It is simply 'raw' Apple Cider Vinegar, and, plain good quality Water.


For routine and not-clinical situations, one adds say Two Tablespoons of the ACV to a Gallon of Water, and this then is the Pigeon's drinking Water for a week or something, now and then.


For Therapudic or Clinical intentions, one mixes it stronger, say, Four Tablespoons of the ACV to a Gallon of Water...and this then is the Pigeon's drinking Water for a week or ten days or so...

It eliminates many undesireable bacteria and other micro-organisms from their Crop and digestive system, while encouraging the desireable ones.


Likely, your Bird has some issues with his digestive system, and, the ACV-Water at 3 or 4 Tablespoons to the Gallon, I am confident, would be good for him.



> Please do tell about the 'Seed Pop'.



'Seed-Pops' are the term for opening the Pigeon's Beak gently, and, inserting a single whole Seed, such a a dried small kernal of Corn, or a dried Pea, or maybe two or three White Safflower Seeds...and, his swallowing it.
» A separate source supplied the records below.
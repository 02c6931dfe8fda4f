-- ===== src/Base/Text.antt =====
-- Go strings as lists of bytes, with the functions of package strings that the gateway calls.
-- Case folding is that of ASCII, which is what header names and provider names are written in.
use Prim.Native.Char.{code}
use Prim.Native.Nat.{ℕ, ◌+◌}
use Prim.Native.String.{String}
use mathlib.Core.Path.{◌≡◌, refl}
use mathlib.Core.Logic.{◌↔◌}
use mathlib.Core.Bool.{Bool, true, false, ◌&&◌, ◌||◌}
use mathlib.Core.List.{List, [], ◌∷◌, ◌++◌}
use native.Mathlib.Omega.{arith}
use majordomo_gateway.Base.Tests.{eqb, leb, if◌then◌else◌}
use majordomo_gateway.Base.Lists.{length, drop}

abbrev pub Str : Type 0
Str = List ℕ

codes : String → Str
codes String.[] = []
codes (String.◌∷◌ c s) = code c ∷ codes s

-- A literal of the source. Shut, so that long names stay short in goals.
unfoldable pub lit : String → Str
unfolding codes
lit s = codes s

infix 50 ◌==◌
unfoldable pub ◌==◌ : Str → Str → Bool
[] == [] = true
(x ∷ s) == (y ∷ t) = eqb x y && (s == t)
_ == _ = false

eq_to : (s t : Str) → (s == t) ≡ true → s ≡ t
unfolding ◌==◌
eq_to [] [] h = refl
eq_to (x ∷ s) (y ∷ t) h = ground (arith, eq_to s t)
eq_to [] (y ∷ t) h = cc
eq_to (x ∷ s) [] h = cc

pub eq_refl : (s : Str) → (s == s) ≡ true
unfolding ◌==◌
eq_refl [] = refl
eq_refl (x ∷ s) = ground (arith, eq_refl s)

pub eq_iff : (s t : Str) → ((s == t) ≡ true) ↔ (s ≡ t)
eq_iff s t = (eq_to s t, λ e. rw e (eq_refl t))

-- strings.HasPrefix(s, prefix)
unfoldable pub has_prefix : Str → Str → Bool
has_prefix s [] = true
has_prefix [] (p ∷ ps) = false
has_prefix (c ∷ s) (p ∷ ps) = eqb c p && has_prefix s ps

-- strings.TrimPrefix(s, prefix)
unfoldable pub trim_prefix : Str → Str → Str
unfolding has_prefix
trim_prefix s p = if has_prefix s p then drop (length p) s else s

-- strings.HasSuffix(s, suffix)
unfoldable pub has_suffix : Str → Str → Bool
unfolding ◌==◌
has_suffix [] suffix = [] == suffix
has_suffix (c ∷ s) suffix = ((c ∷ s) == suffix) || has_suffix s suffix

-- strings.Contains(s, sub)
unfoldable pub contains : Str → Str → Bool
unfolding has_prefix
contains [] sub = has_prefix [] sub
contains (c ∷ s) sub = has_prefix (c ∷ s) sub || contains s sub

abbrev pub lower_byte : ℕ → ℕ
lower_byte c = if leb b'A' c && leb c b'Z' then c + 32 else c

-- strings.ToLower(s)
unfoldable pub to_lower : Str → Str
to_lower [] = []
to_lower (c ∷ s) = lower_byte c ∷ to_lower s

-- strings.EqualFold(s, t)
unfoldable pub equal_fold : Str → Str → Bool
unfolding to_lower ◌==◌
equal_fold s t = to_lower s == to_lower t

-- strings.Join(parts, sep), for a separator of one byte
unfoldable pub join : ℕ → List Str → Str
join sep [] = []
join sep (p ∷ []) = p
join sep (p ∷ q ∷ ps) = p ++ sep ∷ join sep (q ∷ ps)

-- strings.Split(s, sep), for a separator of one byte; `cur` is the part that is being read
unfoldable pub split_from : ℕ → Str → Str → List Str
split_from sep cur [] = cur ∷ []
split_from sep cur (c ∷ s) =
    let closed = split_from sep [] s in
    let longer = split_from sep (cur ++ c ∷ []) s in if eqb c sep then cur ∷ closed else longer

unfoldable pub split : ℕ → Str → List Str
unfolding split_from
split sep s = split_from sep [] s

-- The order of Go strings: s < t.
unfoldable pub str_lt : Str → Str → Bool
str_lt s [] = false
str_lt [] (d ∷ t) = true
str_lt (c ∷ s) (d ∷ t) = if eqb c d then str_lt s t else leb c d

pub str_lt_asymm : (s t : Str) → str_lt s t ≡ true → str_lt t s ≡ false
unfolding str_lt
str_lt_asymm [] [] h = cc
str_lt_asymm [] (d ∷ t) h = refl
str_lt_asymm (c ∷ s) [] h = cc
str_lt_asymm (c ∷ s) (d ∷ t) h = ground (arith, str_lt_asymm s t)

-- `≥` is transitive.
pub str_lt_trans_not : (s t u : Str) → str_lt s t ≡ false → str_lt t u ≡ false → str_lt s u ≡ false
unfolding str_lt
str_lt_trans_not s t [] h k = refl
str_lt_trans_not [] [] (e ∷ u) h k = cc
str_lt_trans_not [] (d ∷ t) (e ∷ u) h k = cc
str_lt_trans_not (c ∷ s) [] (e ∷ u) h k = cc
str_lt_trans_not (c ∷ s) (d ∷ t) (e ∷ u) h k = ground (arith, str_lt_trans_not s t u)

pub str_lt_irrefl : (s : Str) → str_lt s s ≡ false
unfolding str_lt
str_lt_irrefl [] = refl
str_lt_irrefl (c ∷ s) = ground (arith, str_lt_irrefl s)

pub has_prefix_self : (s : Str) → has_prefix s s ≡ true
unfolding has_prefix
has_prefix_self [] = refl
has_prefix_self (c ∷ s) = ground (arith, has_prefix_self s)

pub has_prefix_of_append : (s p q : Str) → has_prefix s (p ++ q) ≡ true → has_prefix s p ≡ true
unfolding has_prefix
has_prefix_of_append s [] q h = refl
has_prefix_of_append [] (c ∷ p) q h = cc
has_prefix_of_append (d ∷ s) (c ∷ p) q h = ground (arith, has_prefix_of_append s p q)

pub has_prefix-append : (p s : Str) → has_prefix (p ++ s) p ≡ true
unfolding has_prefix
has_prefix-append [] s = refl
has_prefix-append (c ∷ p) s = ground (arith, has_prefix-append p s)

pub drop-append : (p s : Str) → drop (length p) (p ++ s) ≡ s
drop-append [] s = refl
drop-append (c ∷ p) s = drop-append p s

pub has_prefix-drop : (s p : Str) → has_prefix s p ≡ true → s ≡ p ++ drop (length p) s
unfolding has_prefix
has_prefix-drop s [] h = refl
has_prefix-drop [] (c ∷ p) h = cc
has_prefix-drop (d ∷ s) (c ∷ p) h = ground (arith, has_prefix-drop s p)
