-- ===== src/Base/Maps.antt =====
-- Go maps as association lists: the entries in the order in which a range loop visits them.
use mathlib.Core.Path.{◌≡◌, refl}
use mathlib.Core.Option.{Option, none, some}
use mathlib.Core.List.{List, [], ◌∷◌, map}
use native.Mathlib.Omega.{arith}
use majordomo_gateway.Base.Tests.{if◌then◌else◌}
use majordomo_gateway.Base.Text.{Str, ◌==◌, eq_iff}

abbrev pub Dict {ℓ} : Type ℓ → Type ℓ
Dict V = List (Str × V)

module _ {ℓ} {V : Type ℓ} where
  -- v, ok := m[key]
  unfoldable pub lookup : Str → Dict V → Option V
  lookup key [] = none
  lookup key (entry ∷ entries) = if entry.0 == key then some (entry.1) else lookup key entries

  -- m[key] = value
  unfoldable pub insert : Str → V → Dict V → Dict V
  insert key value [] = (key, value) ∷ []
  insert key value (entry ∷ entries) =
      let rest = insert key value entries in
      if entry.0 == key then (entry.0, value) ∷ entries else entry ∷ rest

  -- delete(m, key)
  unfoldable pub delete : Str → Dict V → Dict V
  delete key [] = []
  delete key (entry ∷ entries) =
      let rest = delete key entries in if entry.0 == key then rest else entry ∷ rest

  pub lookup-insert :
      (key other : Str) (value : V) (d : Dict V)
      → lookup other (insert key value d) ≡ (if key == other then some value else lookup other d)
  unfolding insert lookup
  lookup-insert key other value [] = refl
  lookup-insert key other value (entry ∷ d) = ground (
    arith,
    lookup-insert key other value d,
    eq_iff key other,
    eq_iff (entry.0) key,
    eq_iff (entry.0) other,
  )

  pub lookup-delete :
      (k j : Str) (m : Dict V) → lookup j (delete k m) ≡ (if k == j then none else lookup j m)
  unfolding lookup delete
  lookup-delete k j [] = ground arith
  lookup-delete k j ((i, w) ∷ m) =
      ground (arith, eq_iff k j, eq_iff i k, eq_iff i j, lookup-delete k j m)

  abbrev pub keys : Dict V → List Str
  keys = map (λ e. e.0)

  -- No key twice, as in every Go map.
  abbrev pub Distinct : Dict V → Type ℓ
  Distinct [] = Unit
  Distinct ((k, v) ∷ m) = (lookup k m ≡ none) × Distinct m

-- The first value, or else the second.
abbrev pub or_else {ℓ} : {A : Type ℓ} → Option A → Option A → Option A
or_else none o = o
or_else (some a) o = some a

-- m[k][j], of a map of maps
unfoldable pub lookup_in {ℓ} : {V : Type ℓ} → Str → Str → Dict (Dict V) → Option V
lookup_in k j m = elim (lookup k m) [ none ↦ none | some inner ↦ lookup j inner ]

module _ {ℓ} {V : Type ℓ} where
  pub insert-Distinct : (k : Str) (v : V) (m : Dict V) → Distinct m → Distinct (insert k v m)
  unfolding insert lookup
  insert-Distinct k v [] d = (refl, tt)
  insert-Distinct k v ((j, w) ∷ m) (fresh, d) =
      ground (arith, lookup-insert k j v m, eq_iff k j, eq_iff j k, insert-Distinct k v m d)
Variously, this can be done quite effeciently, and, over the course of five or ten minutes, or a half hour, allows a convelesent or compromised Pigeon, a few good meals-a-day of real Seeds, which they otherwise would not manage to get on their own steam. The benifts them ( so long as their system can handle it ) viscerotonically, getting their Gizzard nice and active with something to do, and can inspire them generally...as well as solving the problem of them getting fed.
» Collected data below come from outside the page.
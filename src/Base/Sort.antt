-- ===== src/Base/Sort.antt =====
-- sort.Strings and sort.Slice: one sorting function, by insertion. Package sort promises a sorted
-- permutation and no order among equal elements; the insertion keeps their order.
use Prim.Native.Nat.{suc}
use mathlib.Core.Path.{◌≡◌, refl, ap, ◌∙◌}
use mathlib.Core.Logic.{inl, inr}
use mathlib.Core.Bool.{Bool, true, false}
use mathlib.Core.List.{List, [], ◌∷◌, Memᴰ, Perm}
use mathlib.Core.List.Memᴰ.{head, tail}
use mathlib.Core.List.Perm
use majordomo_gateway.Base.Tests.{if◌then◌else◌, Bool-cases}
use majordomo_gateway.Base.Lists.{All, length}
use majordomo_gateway.Base.Text.{Str, str_lt, str_lt_asymm, str_lt_trans_not}

module _ {ℓ} {A : Type ℓ} where
  swap_head : {a x y : A} {zs : List A} → Memᴰ a (x ∷ y ∷ zs) → Memᴰ a (y ∷ x ∷ zs)
  swap_head (head same) = tail (head same)
  swap_head (tail (head same)) = head same
  swap_head (tail (tail m)) = tail (tail m)

  under : {a x : A} {xs ys : List A} → (Memᴰ a xs → Memᴰ a ys) → Memᴰ a (x ∷ xs) → Memᴰ a (x ∷ ys)
  under f (head same) = head same
  under f (tail m) = tail (f m)

module _ {ℓ} {A : Type ℓ} (less : A → A → Bool) where
  unfoldable pub insert_by : A → List A → List A
  insert_by x [] = x ∷ []
  insert_by x (y ∷ ys) = let later = y ∷ insert_by x ys in if less y x then later else x ∷ y ∷ ys

  unfoldable pub sort_by : List A → List A
  unfolding insert_by
  sort_by [] = []
  sort_by (x ∷ xs) = insert_by x (sort_by xs)

  insert_by-perm : (x : A) (ys : List A) → Perm (insert_by x ys) (x ∷ ys)
  unfolding insert_by
  insert_by-perm x [] = Perm.refl _
  insert_by-perm x (y ∷ ys) = elim (Bool-cases (less y x)) [
    | inl e ↦ rw e (Perm.trans (Perm.cons y (insert_by-perm x ys)) (Perm.swap x y ys))
    | inr e ↦ rw e (Perm.refl _)
  ]

  length-insert_by : (x : A) (ys : List A) → length (insert_by x ys) ≡ suc (length ys)
  unfolding insert_by
  length-insert_by x [] = refl
  length-insert_by x (y ∷ ys) = elim (Bool-cases (less y x)) [
    | inl e ↦ rw e (ap suc (length-insert_by x ys))
    | inr e ↦ rw e refl
  ]

  pub length-sort_by : (xs : List A) → length (sort_by xs) ≡ length xs
  unfolding sort_by
  length-sort_by [] = refl
  length-sort_by (x ∷ xs) = length-insert_by x (sort_by xs) ∙ ap suc (length-sort_by xs)

  -- Sorting loses and adds nothing.
  pub sort_by-perm : (xs : List A) → Perm (sort_by xs) xs
  unfolding sort_by
  sort_by-perm [] = Perm.refl _
  sort_by-perm (x ∷ xs) = Perm.trans (insert_by-perm x (sort_by xs)) (Perm.cons x (sort_by-perm xs))

  -- No element is less than one before it.
  abbrev pub Sorted : List A → Type ℓ
  Sorted [] = Unit
  Sorted (x ∷ xs) = All (λ y. less y x ≡ false) xs × Sorted xs

  insert_by-All {κ} :
      (P : A → Type κ) (x : A) (ys : List A) → P x → All P ys → All P (insert_by x ys)
  unfolding insert_by
  insert_by-All P x [] p a = (p, tt)
  insert_by-All P x (y ∷ ys) p (q, a) = elim (Bool-cases (less y x)) [
    | inl e ↦ rw e (q, insert_by-All P x ys p a)
    | inr e ↦ rw e (p, (q, a))
  ]

  insert_by-Memᴰ : {a : A} (x : A) (ys : List A) → Memᴰ a (x ∷ ys) → Memᴰ a (insert_by x ys)
  unfolding insert_by
  insert_by-Memᴰ x [] m = m
  insert_by-Memᴰ {a} x (y ∷ ys) m = elim (Bool-cases (less y x)) [
    | inl e ↦ rw e (under (insert_by-Memᴰ x ys) (swap_head m))
    | inr e ↦ rw e m
  ]

  pub sort_by-Memᴰ : {a : A} {xs : List A} → Memᴰ a xs → Memᴰ a (sort_by xs)
  unfolding sort_by
  sort_by-Memᴰ (head {x} {xs} same) = insert_by-Memᴰ x (sort_by xs) (head same)
  sort_by-Memᴰ (tail {x} {xs} m) = insert_by-Memᴰ x (sort_by xs) (tail (sort_by-Memᴰ m))

  Memᴰ-insert_by : {a : A} (x : A) (ys : List A) → Memᴰ a (insert_by x ys) → Memᴰ a (x ∷ ys)
  unfolding insert_by
  Memᴰ-insert_by x [] m = m
  Memᴰ-insert_by {a} x (y ∷ ys) m = elim (Bool-cases (less y x)) [
    | inl e ↦ swap_head (under (Memᴰ-insert_by x ys) (rw (e, insert_by) at m))
    | inr e ↦ rw (e, insert_by) at m
  ]

  pub Memᴰ-sort_by : {a : A} (xs : List A) → Memᴰ a (sort_by xs) → Memᴰ a xs
  unfolding sort_by
  Memᴰ-sort_by [] m = m
  Memᴰ-sort_by {a} (x ∷ xs) m = under (Memᴰ-sort_by xs) (Memᴰ-insert_by x (sort_by xs) m)

  module _ (asymm : (x y : A) → less x y ≡ true → less y x ≡ false)
      (trans_not : (x y z : A) → less x y ≡ false → less y z ≡ false → less x z ≡ false) where
    below-All :
        (x y : A) (zs : List A)
        → less y x ≡ false
        → All (λ z. less z y ≡ false) zs
        → All (λ z. less z x ≡ false) zs
    below-All x y [] h a = tt
    below-All x y (z ∷ zs) h (p, a) = (trans_not z y x p h, below-All x y zs h a)

    insert_by-Sorted : (x : A) (ys : List A) → Sorted ys → Sorted (insert_by x ys)
    unfolding insert_by
    insert_by-Sorted x [] s = (tt, tt)
    insert_by-Sorted x (y ∷ ys) (a, s) = elim (Bool-cases (less y x)) [
      | inl e ↦
          rw e (insert_by-All (λ z. less z y ≡ false) x ys (asymm y x e) a, insert_by-Sorted x ys s)
      | inr e ↦ rw e ((e, below-All x y ys e a), (a, s))
    ]

    pub sort_by-Sorted : (xs : List A) → Sorted (sort_by xs)
    unfolding sort_by
    sort_by-Sorted [] = tt
    sort_by-Sorted (x ∷ xs) = insert_by-Sorted x (sort_by xs) (sort_by-Sorted xs)

-- sort.Strings
unfoldable pub sort_strings : List Str → List Str
sort_strings = sort_by str_lt

pub sort_strings-Sorted : (xs : List Str) → Sorted str_lt (sort_strings xs)
unfolding sort_strings
sort_strings-Sorted = sort_by-Sorted str_lt str_lt_asymm str_lt_trans_not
More details on this later, since this is getting to be a long post!




> Now about his poops. I found out that it all depends what I feed him. I gave him for a short while Kaytee exact with a crop tube but that was not a good idea as it made all his poop watery and terrible looking. I am not surprised as that thing is so watery; anyway I am not giving it to him anymore because of that. Now I am feeding what a pigeons should eat but it kind is difficult to give him the small seeds and he gets a bit too much the big type of seeds like corn, sunflower seeds and peanuts like 50% and with this his poops are of a green colour but not the bight neon type and white. I also have to say that not all his poop looks the same during the day, maybe a couple of times a day will be watery. I feed him once a day now and I notice that at the end of the day his poops are smaller so they differ in size depending of the time of the day. The majority of his poops are of a green shade with white, the green shade is kind hard to describe, is more like an medium green and of a good consistancy.




I would say definitely get him on the ACV-Water...and, there is an other method of getting them to eat which I will describe soon...where he would be eating small whole Seeds, such as Finch Seed or Parakeet Seed...so if you have some place to buy a small whole Seed mix, figure to go get some soon as possible.

Till next..!


Phil
l v


----------



## pdpbison

chriss80 said:


> I drown a picture of haw it was, the green part is the poop and the white spots represent the worms. I tried to make things at the right size and color. The poo was a normal size I would say.




Are you certain these are actual tiny 'worms' then?


Not some odd presentation of Urates? ( white part ) 


Well, by golly, if these are 'Worms' then he will be very glad to be rid of them, we may be sure!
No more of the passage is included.